PHOSforUS

PHOSforUS horizontal information-based phosphorylation site predictor


Keywords
phosphorylation, protein, predictor
License
MIT
Install
pip install PHOSforUS==1.0.3

Documentation

PHOSforUS predictor usage guide

1. PHOSforUS features

PHOSforUS is a fully biophysical parameter-based protein phosphorylation site predictor. From input sequences, it calculates 18 biophysical features, including:

  • Horizontal features (6): Hydrophobicity, Secondary structure propensity, PII propensity, etc.
  • Vertical features (4): AA molecular weight, residue charge, surface area, etc.
  • eSCAPE thermodynamic features (8): dG, dHap, dHpol, TdS, etc.

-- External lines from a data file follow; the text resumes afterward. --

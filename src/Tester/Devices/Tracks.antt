-- ===== src/Tester/Devices/Tracks.antt =====
-- code/harness/Tester.cpp: Tester's flags beside what the kernel has loaded.
use mathlib.Core.Path.{}
use mathlib.Core.Bool.{false≢true}
use mathlib.Core.Option.{none-ne-some}
use crashmonkey.Common.{
  ℕ, ◌≡◌, refl, sym, ap, ◌∙◌, Bool, true, false, ◌&&◌, if◌then◌else◌, none, some,
}
use crashmonkey.CowBrd.{Page}
use crashmonkey.Sockets.{Fd}
use crashmonkey.Tester.Check.{Machine}
use crashmonkey.Tester.Devices.{
  removed_cow_brd, inserted_wrapper, removed_wrapper, opened_cow_brd, inserted_cow_brd, Module,
  cow_brd, disk_wrapper, Modules, Harness, with_world, open_cow_brd, insert_cow_brd_at,
  close_cow_brd, rmmod_cow_brd, remove_cow_brd_if, insert_wrapper_if, remove_wrapper_if,
}

abbrev pub same : Module → Module → Bool
same cow_brd cow_brd = true
same cow_brd disk_wrapper = false
same disk_wrapper cow_brd = false
same disk_wrapper disk_wrapper = true

-- What the kernel says of its modules: insmod and rmmod that return 0 change whether their module
-- is loaded, and nothing else does; a module that is not loaded is not removed.
pub record IsModules {G : Type 0} (os : Machine G) (sys : Modules G) (loaded : G → Module → Bool)
    : Type 0 where
  pub inserts :
      (g : G) (m n : Module)
      → loaded (sys.insmod g m).1 n ≡ (if (sys.insmod g m).0 && same m n then true else loaded g n)
  pub removes :
      (g : G) (m n : Module)
      → loaded (sys.rmmod g m).1 n ≡ (if (sys.rmmod g m).0 && same m n then false else loaded g n)
  pub absent : (g : G) (m : Module) → loaded g m ≡ false → (sys.rmmod g m).0 ≡ false
  pub opens : (g : G) (m : Module) → loaded (sys.open_device g m).1 ≡ loaded g
  pub closes : (g : G) (fd : Fd) → loaded (sys.close g fd) ≡ loaded g
  pub unloads : (g : G) → loaded (sys.unload_classes g) ≡ loaded g
  pub umounts : (g : G) (d : Page) → loaded (os.umount g d).2 ≡ loaded g

-- Modules and mounts have nothing to do with each other.
pub record IsApart {G : Type 0} (os : Machine G) (sys : Modules G) (loaded : G → Module → Bool)
    : Type 0 where
  pub insmods : (g : G) (m : Module) → os.mount_count (sys.insmod g m).1 ≡ os.mount_count g
  pub rmmods : (g : G) (m : Module) → os.mount_count (sys.rmmod g m).1 ≡ os.mount_count g
  pub open_devices :
      (g : G) (m : Module) → os.mount_count (sys.open_device g m).1 ≡ os.mount_count g
  pub closings : (g : G) (fd : Fd) → os.mount_count (sys.close g fd) ≡ os.mount_count g
  pub unloadings : (g : G) → os.mount_count (sys.unload_classes g) ≡ os.mount_count g
  pub mounts : (g : G) (d : Page) → loaded (os.mount g d).2 ≡ loaded g

-- /dev/cow_ram0 is open where the module is inserted, and only there.
unfoldable pub IsOpen : Fd → Bool → Type 0
IsOpen none inserted = inserted ≡ false
IsOpen (some f) inserted = inserted ≡ true

module _ {G : Type 0} (os : Machine G) (sys : Modules G) (loaded : G → Module → Bool) where
  -- The flags are right.
  pub record IsTracked (h : Harness G) : Type 0 where
    pub cow : h.cow_brd_inserted ≡ loaded h.state.world cow_brd
    pub wrapper : h.wrapper_inserted ≡ loaded h.state.world disk_wrapper

  unfoldable pub IsKept : Harness G → Type 0
  IsKept h = IsTracked h × IsOpen h.cow_brd_fd h.cow_brd_inserted

  -- /dev/cow_ram0 opens where its module is loaded.
  unfoldable pub AlwaysOpens : Type 0
  AlwaysOpens =
      (g : G) → loaded g cow_brd ≡ true → (f : ℕ) × ((sys.open_device g cow_brd).0 ≡ some f)

  -- A call that changes only the world, and that leaves the modules.
  pub IsTracked-world :
      (h : Harness G) (g : G)
      → loaded g ≡ loaded h.state.world
      → IsTracked h
      → IsTracked (with_world h g)
  unfolding with_world
  IsTracked-world h g e t = record {
    cow = t.cow ∙ ap (λ l. l cow_brd) (sym e);
    wrapper = t.wrapper ∙ ap (λ l. l disk_wrapper) (sym e);
  }

  module _ (law : IsModules os sys loaded) where
    -- The flags after an rmmod or an insmod, whether or not it returned 0.
    inserted_wrapper-IsTracked :
        (h : Harness G) (g : G) (b : Bool)
        → ((n : Module)
            → loaded g n ≡ (if b && same disk_wrapper n then true else loaded h.state.world n))
        → h.wrapper_inserted ≡ false
        → IsTracked h
        → IsTracked (inserted_wrapper (with_world h g) b).1
    unfolding inserted_wrapper with_world
    inserted_wrapper-IsTracked h g true e was t = record {
      cow = t.cow ∙ sym (e cow_brd);
      wrapper = sym (e disk_wrapper);
    }
    inserted_wrapper-IsTracked h g false e was t = record {
      cow = t.cow ∙ sym (e cow_brd);
      wrapper = sym was ∙ t.wrapper ∙ sym (e disk_wrapper);
    }

    pub insert_wrapper_if-IsTracked :
        (h : Harness G) (b : Bool)
        → h.wrapper_inserted ≡ b
        → IsTracked h
        → IsTracked (insert_wrapper_if sys h b).1
    unfolding insert_wrapper_if
    insert_wrapper_if-IsTracked h true was t = record { cow = t.cow; wrapper = sym was ∙ t.wrapper }
    insert_wrapper_if-IsTracked h false was t =
        let w = sys.insmod h.state.world disk_wrapper in
        inserted_wrapper-IsTracked h w.1 w.0 (law.inserts h.state.world disk_wrapper) was t

    removed_wrapper-IsTracked :
        (h : Harness G) (g : G) (b : Bool)
        → ((n : Module)
            → loaded g n ≡ (if b && same disk_wrapper n then false else loaded h.state.world n))
        → h.wrapper_inserted ≡ true
        → IsTracked h
        → IsTracked (removed_wrapper (with_world h g) b).1
    unfolding removed_wrapper with_world
    removed_wrapper-IsTracked h g true e was t = record {
      cow = t.cow ∙ sym (e cow_brd);
      wrapper = sym (e disk_wrapper);
    }
    removed_wrapper-IsTracked h g false e was t = record {
      cow = t.cow ∙ sym (e cow_brd);
      wrapper = sym was ∙ t.wrapper ∙ sym (e disk_wrapper);
    }

    pub remove_wrapper_if-IsTracked :
        (h : Harness G) (b : Bool)
        → h.wrapper_inserted ≡ b
        → IsTracked h
        → IsTracked (remove_wrapper_if sys h b).1
    unfolding remove_wrapper_if
    remove_wrapper_if-IsTracked h false was t = record {
      cow = t.cow;
      wrapper = sym was ∙ t.wrapper;
    }
    remove_wrapper_if-IsTracked h true was t =
        let w = sys.rmmod h.state.world disk_wrapper in
        removed_wrapper-IsTracked h w.1 w.0 (law.removes h.state.world disk_wrapper) was t

    removed_cow_brd-IsTracked :
        (h : Harness G) (g : G) (b : Bool)
        → ((n : Module)
            → loaded g n ≡ (if b && same cow_brd n then false else loaded h.state.world n))
        → h.cow_brd_inserted ≡ false
        → loaded h.state.world cow_brd ≡ true
        → h.wrapper_inserted ≡ loaded h.state.world disk_wrapper
        → IsTracked (removed_cow_brd (with_world h g) b).1
    unfolding removed_cow_brd with_world
    removed_cow_brd-IsTracked h g true e was now wrapper = record {
      cow = was ∙ sym (e cow_brd);
      wrapper = wrapper ∙ sym (e disk_wrapper);
    }
    removed_cow_brd-IsTracked h g false e was now wrapper = record {
      cow = sym now ∙ sym (e cow_brd);
      wrapper = wrapper ∙ sym (e disk_wrapper);
    }

    remove_cow_brd_at-IsTracked :
        (h : Harness G) (fd : Fd)
        → IsOpen fd true
        → h.cow_brd_inserted ≡ true
        → IsTracked h
        → IsTracked (rmmod_cow_brd sys (close_cow_brd sys h fd)).1
    unfolding rmmod_cow_brd close_cow_brd IsOpen with_world
    remove_cow_brd_at-IsTracked h none opened was t = absurd (false≢true (sym opened))
    remove_cow_brd_at-IsTracked h (some f) opened was t =
        let closed = record (with_world h (sys.close h.state.world (some f))) {
          cow_brd_fd = none;
          cow_brd_inserted = false;
        } in
        let w = sys.rmmod closed.state.world cow_brd in
        let keeps = law.closes h.state.world (some f) in
        removed_cow_brd-IsTracked closed w.1 w.0 (law.removes closed.state.world cow_brd) refl
          (ap (λ l. l cow_brd) keeps ∙ sym t.cow ∙ was)
          (t.wrapper ∙ ap (λ l. l disk_wrapper) (sym keeps))

    pub remove_cow_brd_if-IsTracked :
        (h : Harness G) (b : Bool)
        → h.cow_brd_inserted ≡ b
        → IsOpen h.cow_brd_fd b
        → IsTracked h
        → IsTracked (remove_cow_brd_if sys h b).1
    unfolding remove_cow_brd_if
    remove_cow_brd_if-IsTracked h false was opened t = t
    remove_cow_brd_if-IsTracked h true was opened t =
        remove_cow_brd_at-IsTracked h h.cow_brd_fd opened was t

    opened_cow_brd-IsTracked :
        (h : Harness G) (fd : Fd) (f : ℕ)
        → fd ≡ some f
        → loaded h.state.world cow_brd ≡ true
        → h.wrapper_inserted ≡ loaded h.state.world disk_wrapper
        → IsKept (opened_cow_brd sys h fd).1
    unfolding IsKept opened_cow_brd IsOpen
    opened_cow_brd-IsTracked h none f e now wrapper = absurd (none-ne-some f e)
    opened_cow_brd-IsTracked h (some k) f e now wrapper =
        (record { cow = sym now; wrapper = wrapper }, refl)

    open_cow_brd-IsKept :
        (h : Harness G)
        → AlwaysOpens
        → loaded h.state.world cow_brd ≡ true
        → h.wrapper_inserted ≡ loaded h.state.world disk_wrapper
        → IsKept (open_cow_brd sys h).1
    unfolding open_cow_brd with_world AlwaysOpens
    open_cow_brd-IsKept h opens now wrapper =
        let w = sys.open_device h.state.world cow_brd in
        let keeps = law.opens h.state.world cow_brd in
        let (f, e) = opens h.state.world now in
        opened_cow_brd-IsTracked (with_world h w.1) w.0 f e (ap (λ l. l cow_brd) keeps ∙ now)
          (wrapper ∙ ap (λ l. l disk_wrapper) (sym keeps))

    inserted_cow_brd-IsKept :
        (h : Harness G) (g : G) (b : Bool)
        → AlwaysOpens
        → ((n : Module)
            → loaded g n ≡ (if b && same cow_brd n then true else loaded h.state.world n))
        → h.cow_brd_inserted ≡ false
        → IsTracked h
        → IsKept (inserted_cow_brd sys (with_world h g) b).1
    unfolding inserted_cow_brd IsKept IsOpen with_world
    inserted_cow_brd-IsKept h g false opens e was t =
        (record { cow = t.cow ∙ sym (e cow_brd); wrapper = t.wrapper ∙ sym (e disk_wrapper) }, was)
    inserted_cow_brd-IsKept h g true opens e was t =
        open_cow_brd-IsKept (with_world h g) opens (e cow_brd) (t.wrapper ∙ sym (e disk_wrapper))

    pub insert_cow_brd_at-IsKept :
        (h : Harness G) (fd : Fd)
        → AlwaysOpens
        → IsOpen fd h.cow_brd_inserted
        → IsTracked h
        → IsKept (insert_cow_brd_at sys h fd).1
    unfolding insert_cow_brd_at IsOpen
    insert_cow_brd_at-IsKept h (some k) opens is t =
        open_cow_brd-IsKept h opens (sym t.cow ∙ is) t.wrapper
    insert_cow_brd_at-IsKept h none opens is t =
        let w = sys.insmod h.state.world cow_brd in
        inserted_cow_brd-IsKept h w.1 w.0 opens (law.inserts h.state.world cow_brd) is t
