-- ===== src/Tester/Devices/Calls.antt =====
-- code/harness/Tester.cpp: sequences of calls that insert and remove modules, open and close
-- devices and unmount.
use mathlib.Core.Path.{subst}
use mathlib.Core.Bool.{false≢true}
use crashmonkey.Common.{◌≡◌, refl, sym, ap, ◌∙◌, Bool, true, false, none, some}
use crashmonkey.CowBrd.{}
use crashmonkey.Sockets.{Fd}
use crashmonkey.Tester.Check.{Machine, State, mount_device, umount_if, umount_device}
use crashmonkey.Tester.Devices.{
  removed_cow_brd, inserted_wrapper, removed_wrapper, opened_wrapper, unmounted, Module, cow_brd,
  disk_wrapper, Modules, harness_success, Harness, with_world, insert_cow_brd, close_cow_brd,
  rmmod_cow_brd, remove_cow_brd_if, remove_cow_brd, insert_wrapper_if, insert_wrapper,
  remove_wrapper_if, remove_wrapper, get_wrapper_ioctl, put_wrapper_ioctl_at, put_wrapper_ioctl,
  is_success, umount_harness, mount_harness,
}
use crashmonkey.Tester.Devices.Tracks.{
  IsModules, IsApart, AlwaysOpens, IsOpen, IsTracked, IsKept, IsTracked-world,
  insert_wrapper_if-IsTracked, remove_wrapper_if-IsTracked, remove_cow_brd_if-IsTracked,
  insert_cow_brd_at-IsKept,
}

module _ {G : Type 0} (os : Machine G) (sys : Modules G) (loaded : G → Module → Bool) where
  -- Calls of Tester in any order, where remove_cow_brd returns SUCCESS, and
  -- mount_device is called only where the flag says that nothing is mounted.
  pub data Step : Harness G → Harness G → Type 0 where
    inserts_cow : {h : Harness G} → Step h (insert_cow_brd sys h).1
    removes_cow :
        {h : Harness G}
        → (remove_cow_brd sys h).0 ≡ harness_success
        → Step h (remove_cow_brd sys h).1
    inserts_wrapper : {h : Harness G} → Step h (insert_wrapper sys h).1
    removes_wrapper : {h : Harness G} → Step h (remove_wrapper sys h).1
    gets_ioctl : {h : Harness G} → Step h (get_wrapper_ioctl sys h).1
    puts_ioctl : {h : Harness G} → Step h (put_wrapper_ioctl sys h)
    mounts : {h : Harness G} → h.state.disk_mounted ≡ false → Step h (mount_harness os sys h).1
    umounts : {h : Harness G} → Step h (umount_harness os sys h).1

  pub data Steps : Harness G → Harness G → Type 0 where
    done : {h : Harness G} → Steps h h
    next : {h h1 h2 : Harness G} → Step h h1 → Steps h1 h2 → Steps h h2

  -- The disk's device and the mount are left as they are.
  pub record Leaves (h h' : Harness G) : Type 0 where
    pub fd : h'.cow_brd_fd ≡ h.cow_brd_fd
    pub inserted : h'.cow_brd_inserted ≡ h.cow_brd_inserted
    pub mounted : h'.state.disk_mounted ≡ h.state.disk_mounted

  pub Leaves-IsKept :
      (h h' : Harness G)
      → Leaves h h'
      → IsKept os sys loaded h
      → IsTracked os sys loaded h'
      → IsKept os sys loaded h'
  unfolding IsKept
  Leaves-IsKept h h' l (t, is) t' = (
    t',
    subst (λ fd. IsOpen fd h'.cow_brd_inserted) (sym l.fd)
        (subst (λ b. IsOpen h.cow_brd_fd b) (sym l.inserted) is),
  )

  inserted_wrapper-Leaves :
      (h : Harness G) (g : G) (b : Bool) → Leaves h (inserted_wrapper (with_world h g) b).1
  unfolding inserted_wrapper with_world
  inserted_wrapper-Leaves h g true = record { fd = refl; inserted = refl; mounted = refl }
  inserted_wrapper-Leaves h g false = record { fd = refl; inserted = refl; mounted = refl }

  insert_wrapper_if-Leaves : (h : Harness G) (b : Bool) → Leaves h (insert_wrapper_if sys h b).1
  unfolding insert_wrapper_if
  insert_wrapper_if-Leaves h true = record { fd = refl; inserted = refl; mounted = refl }
  insert_wrapper_if-Leaves h false =
      inserted_wrapper-Leaves h (sys.insmod h.state.world disk_wrapper).1
        (sys.insmod h.state.world disk_wrapper).0

  removed_wrapper-Leaves :
      (h : Harness G) (g : G) (b : Bool) → Leaves h (removed_wrapper (with_world h g) b).1
  unfolding removed_wrapper with_world
  removed_wrapper-Leaves h g true = record { fd = refl; inserted = refl; mounted = refl }
  removed_wrapper-Leaves h g false = record { fd = refl; inserted = refl; mounted = refl }

  pub remove_wrapper_if-Leaves : (h : Harness G) (b : Bool) → Leaves h (remove_wrapper_if sys h b).1
  unfolding remove_wrapper_if
  remove_wrapper_if-Leaves h false = record { fd = refl; inserted = refl; mounted = refl }
  remove_wrapper_if-Leaves h true =
      removed_wrapper-Leaves h (sys.rmmod h.state.world disk_wrapper).1
        (sys.rmmod h.state.world disk_wrapper).0

  module _ (law : IsModules os sys loaded) where
    opened_wrapper-IsKept :
        (h : Harness G) (fd : Fd)
        → IsKept os sys loaded h
        → IsKept os sys loaded (opened_wrapper h fd).1
    unfolding opened_wrapper IsKept
    opened_wrapper-IsKept h none (t, is) = (record { cow = t.cow; wrapper = t.wrapper }, is)
    opened_wrapper-IsKept h (some f) (t, is) = (record { cow = t.cow; wrapper = t.wrapper }, is)

    world-IsKept :
        (h : Harness G) (g : G)
        → loaded g ≡ loaded h.state.world
        → IsKept os sys loaded h
        → IsKept os sys loaded (with_world h g)
    unfolding IsKept with_world
    world-IsKept h g e (t, is) = (IsTracked-world os sys loaded h g e t, is)

    put_ioctl-IsKept :
        (h : Harness G) (fd : Fd)
        → IsKept os sys loaded h
        → IsKept os sys loaded (put_wrapper_ioctl_at sys h fd)
    unfolding put_wrapper_ioctl_at IsKept with_world
    put_ioctl-IsKept h none k = k
    put_ioctl-IsKept h (some f) (t, is) =
        let t' =
          IsTracked-world os sys loaded h (sys.close h.state.world (some f))
            (law.closes h.state.world (some f)) t in
        (record { cow = t'.cow; wrapper = t'.wrapper }, is)

    -- What umount_device does to the world.
    umount_if-keeps : (s : State G) (b : Bool) → loaded (umount_if os s b).1.world ≡ loaded s.world
    unfolding umount_if
    umount_if-keeps s false = refl
    umount_if-keeps s true = law.umounts s.world s.disk

    unmounted-IsKept :
        (h : Harness G) (b : Bool) → IsKept os sys loaded h → IsKept os sys loaded (unmounted h b).1
    unfolding unmounted
    unmounted-IsKept h true k = k
    unmounted-IsKept h false k = k

    pub umount_harness-IsKept :
        (h : Harness G) → IsKept os sys loaded h → IsKept os sys loaded (umount_harness os sys h).1
    unfolding umount_harness umount_device IsKept
    umount_harness-IsKept h (t, is) =
        let w = umount_if os h.state h.state.disk_mounted in
        let keeps = umount_if-keeps h.state h.state.disk_mounted in
        unmounted-IsKept (record h { state = w.1 }) w.0
          (
            record {
              cow = t.cow ∙ ap (λ l. l cow_brd) (sym keeps);
              wrapper = t.wrapper ∙ ap (λ l. l disk_wrapper) (sym keeps);
            },
            is,
          )

    removed_cow_brd-IsOpen :
        (h : Harness G) (b : Bool)
        → (removed_cow_brd h b).0 ≡ harness_success
        → IsOpen h.cow_brd_fd h.cow_brd_inserted
        → IsOpen (removed_cow_brd h b).1.cow_brd_fd (removed_cow_brd h b).1.cow_brd_inserted
    unfolding removed_cow_brd is_success
    removed_cow_brd-IsOpen h true e is = is
    removed_cow_brd-IsOpen h false e is = absurd (false≢true (ap is_success e))

    remove_cow_brd_at-IsOpen :
        (h : Harness G) (fd : Fd)
        → h.cow_brd_fd ≡ fd
        → (rmmod_cow_brd sys (close_cow_brd sys h fd)).0 ≡ harness_success
        → IsOpen fd true
        → IsOpen
            (rmmod_cow_brd sys (close_cow_brd sys h fd)).1.cow_brd_fd
            (rmmod_cow_brd sys (close_cow_brd sys h fd)).1.cow_brd_inserted
    unfolding rmmod_cow_brd close_cow_brd IsOpen with_world
    remove_cow_brd_at-IsOpen h none at e is = absurd (false≢true (sym is))
    remove_cow_brd_at-IsOpen h (some f) at e is =
        let closed = record (with_world h (sys.close h.state.world (some f))) {
          cow_brd_fd = none;
          cow_brd_inserted = false;
        } in
        let w = sys.rmmod closed.state.world cow_brd in
        removed_cow_brd-IsOpen (with_world closed w.1) w.0 e refl

    remove_cow_brd_if-IsOpen :
        (h : Harness G) (b : Bool)
        → h.cow_brd_inserted ≡ b
        → (remove_cow_brd_if sys h b).0 ≡ harness_success
        → IsOpen h.cow_brd_fd b
        → IsOpen
            (remove_cow_brd_if sys h b).1.cow_brd_fd
            (remove_cow_brd_if sys h b).1.cow_brd_inserted
    unfolding remove_cow_brd_if
    remove_cow_brd_if-IsOpen h false was e is = subst (λ b. IsOpen h.cow_brd_fd b) (sym was) is
    remove_cow_brd_if-IsOpen h true was e is = remove_cow_brd_at-IsOpen h h.cow_brd_fd refl e is

    pub step-IsKept :
        {h h' : Harness G}
        → Step h h'
        → AlwaysOpens os sys loaded
        → IsApart os sys loaded
        → IsKept os sys loaded h
        → IsKept os sys loaded h'
    unfolding insert_cow_brd remove_cow_brd insert_wrapper remove_wrapper get_wrapper_ioctl
        put_wrapper_ioctl IsKept mount_harness mount_device
    step-IsKept (inserts_cow {h = h}) opens apart (t, is) =
        insert_cow_brd_at-IsKept os sys loaded law h h.cow_brd_fd opens is t
    step-IsKept (mounts {h = h} e) opens apart (t, is) =
        let keeps = apart.mounts h.state.world h.state.disk in
        (
          record {
            cow = t.cow ∙ ap (λ l. l cow_brd) (sym keeps);
            wrapper = t.wrapper ∙ ap (λ l. l disk_wrapper) (sym keeps);
          },
          is,
        )
    step-IsKept (removes_cow {h = h} e) opens apart (t, is) = (
      remove_cow_brd_if-IsTracked os sys loaded law h h.cow_brd_inserted refl is t,
      remove_cow_brd_if-IsOpen h h.cow_brd_inserted refl e is,
    )
    step-IsKept (inserts_wrapper {h = h}) opens apart k =
        Leaves-IsKept h (insert_wrapper_if sys h h.wrapper_inserted).1
          (insert_wrapper_if-Leaves h h.wrapper_inserted) k
          (insert_wrapper_if-IsTracked os sys loaded law h h.wrapper_inserted refl k.0)
    step-IsKept (removes_wrapper {h = h}) opens apart k =
        Leaves-IsKept h (remove_wrapper_if sys h h.wrapper_inserted).1
          (remove_wrapper_if-Leaves h h.wrapper_inserted) k
          (remove_wrapper_if-IsTracked os sys loaded law h h.wrapper_inserted refl k.0)
    step-IsKept (gets_ioctl {h = h}) opens apart k =
        let w = sys.open_device h.state.world disk_wrapper in
        opened_wrapper-IsKept (with_world h w.1) w.0
          (world-IsKept h w.1 (law.opens h.state.world disk_wrapper) k)
    step-IsKept (puts_ioctl {h = h}) opens apart k = put_ioctl-IsKept h h.ioctl_fd k
    step-IsKept (umounts {h = h}) opens apart k = umount_harness-IsKept h k

    pub steps-IsKept :
        {h h' : Harness G}
        → Steps h h'
        → AlwaysOpens os sys loaded
        → IsApart os sys loaded
        → IsKept os sys loaded h
        → IsKept os sys loaded h'
    steps-IsKept done opens apart k = k
    steps-IsKept (next s ss) opens apart k =
        steps-IsKept ss opens apart (step-IsKept s opens apart k)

All individual biophysical features are sent to sub-predictors, based on Naive Bayes classifier. Resulting scores are sent to downstream metapredictor, based on gradient boosting classifier. Prediction results are compiled into single result file per each sequence, which could be found in result_output folder.

2. System requirement

PHOSforUS is built on python 2.7 environment. Along with base packages, it requires installation of numpy and scikit-learn package.

  • numpy: 1.16.5
  • scikit-learn: 0.20.3

After you fetched github repository, you can install PHOSforUS with setup.py:

python setup.py install

Alternatively, you could use Conda to download PHOSforUS and its dependencies. It could be installed with conda run:

conda install -c mcho22 phosforus 

Another option you could use is pip. It could be installed with pip as follow:

pip install PHOSforUS

After you install the package, you could test the installation with this test script:

from phosforus import phosforus
phosforus.phosforus("ACDEFGHIKLMNPQRSTVWY", file_input = False, manual_input = True, verbose = True)

3. Usage samples

(don't forget to import: from phosforus import phosforus)

Option #1: phosforus.phosforus([filename])

If no other arguments other than input file name is given, PHOSforUS automatically targets for that file and predicts phosphorylation site. After prediction is completed, result file is generated in 'result_output/' folder. Sequence files should follow fasta format for smooth analysis. If multiple sequences are placed in a single file, PHOSforUS will predict phosphorylation sites in each of sequences but separate result files will be produced for each.

Option #2: phosforus.phosforus([dirname], file_input = False, directory_input = True)

If directory input option is turned on, PHOSforUS will take all files in the given directory as sequence inputs. Beware not to include non-sequence files in the directory.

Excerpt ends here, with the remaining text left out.